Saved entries
------------------------------------------------------------
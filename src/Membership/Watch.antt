-- ===== src/Membership/Watch.antt =====
-- The watch over the membership (datacake-node/src/lib.rs): what a turn of
-- `watch_membership_changes` does with the members it sees.
use datacake.Base.{none, some, List, [], ◌∷◌, ◌++◌, ◌==◌, if◌then◌else◌, length, map}
use datacake.Base.Ord.{nat_ord, pair_ord}
use datacake.Base.Assoc.{get}
use datacake.Base.BTreeMap
use datacake.Base.BTreeSet.{collect, difference}
use datacake.Selector.Cycler.{SocketAddr, Nodes}
use datacake.Selector.Select.{DcName}
use datacake.Selector.Actor.{Selector, set_nodes}
use datacake.Membership.Member.{
  NodeId, ClusterMember, MembershipChange, NodeMembership, ClusterStatistics,
}

abbrev pub NetworkSet : Type 0
NetworkSet = List (NodeId × SocketAddr)

-- The ids and addresses of the members but the node itself.
unfoldable pub remote_addrs : NodeId → NodeMembership → NetworkSet
remote_addrs self_node_id [] = []
remote_addrs self_node_id ((node_id, member) ∷ members) =
    let rest = remote_addrs self_node_id members in
    if node_id == self_node_id then rest else (member.node_id, member.public_addr) ∷ rest

unfoldable pub network_set : NodeId → NodeMembership → NetworkSet
unfolding remote_addrs
network_set self_node_id members = collect (remote_addrs self_node_id members)

-- `data_centers.entry(dc).or_default().push(addr)`.
unfoldable pub push_addr : DcName → SocketAddr → List (DcName × Nodes) → List (DcName × Nodes)
push_addr dc addr dcs =
    BTreeMap.insert dc (elim (get dc dcs) [ none ↦ [] | some nodes ↦ nodes ] ++ addr ∷ []) dcs

unfoldable pub collect_dcs : NodeMembership → List (DcName × Nodes) → List (DcName × Nodes)
unfolding push_addr
collect_dcs [] dcs = dcs
collect_dcs ((node_id, member) ∷ members) dcs =
    collect_dcs members (push_addr member.data_center member.public_addr dcs)

-- `if let Some(member) = members.get(node_id)`, over a difference.
unfoldable pub pick : NodeMembership → NetworkSet → List ClusterMember
pick members [] = []
pick members ((node_id, addr) ∷ set) =
    let rest = pick members set in
    elim (get node_id members) [ none ↦ rest | some member ↦ member ∷ rest ]

-- What a turn does: the members sent on, the addresses that are disconnected, the new state of the
-- selector and of the statistics, and the set kept for the next turn.
pub record Turn : Type 0 where
  pub changes : MembershipChange
  pub disconnected : List SocketAddr
  pub selector : Selector
  pub statistics : ClusterStatistics
  pub network : NetworkSet

abbrev pub addr_of : NodeId × SocketAddr → SocketAddr
addr_of (node_id, addr) = addr

unfoldable pub on_members :
    NodeId → NodeMembership → NetworkSet → Selector → ClusterStatistics → Turn
unfolding network_set collect_dcs pick
on_members self_node_id members last_network_set selector statistics =
    let new_network_set = network_set self_node_id members in
    let data_centers = collect_dcs members [] in
    let gone = difference last_network_set new_network_set in
    record {
      changes = record {
        left = pick members gone;
        joined = pick members (difference new_network_set last_network_set);
      };
      disconnected = map addr_of gone;
      selector = set_nodes data_centers selector;
      statistics = record statistics { num_data_centers = length data_centers };
      network = new_network_set;
    }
------------------------------------------------------------
> _WHAT THE TASK REQUIRES_
If a line in the records above includes the string "NetworkSet", copy it.

> _ANSWER_
abbrev pub NetworkSet : Type 0
NetworkSet = List (NodeId × SocketAddr)
unfoldable pub remote_addrs : NodeId → NodeMembership → NetworkSet
unfoldable pub network_set : NodeId → NodeMembership → NetworkSet
unfoldable pub pick : NodeMembership → NetworkSet → List ClusterMember
  pub network : NetworkSet
    NodeId → NodeMembership → NetworkSet → Selector → ClusterStatistics → Turn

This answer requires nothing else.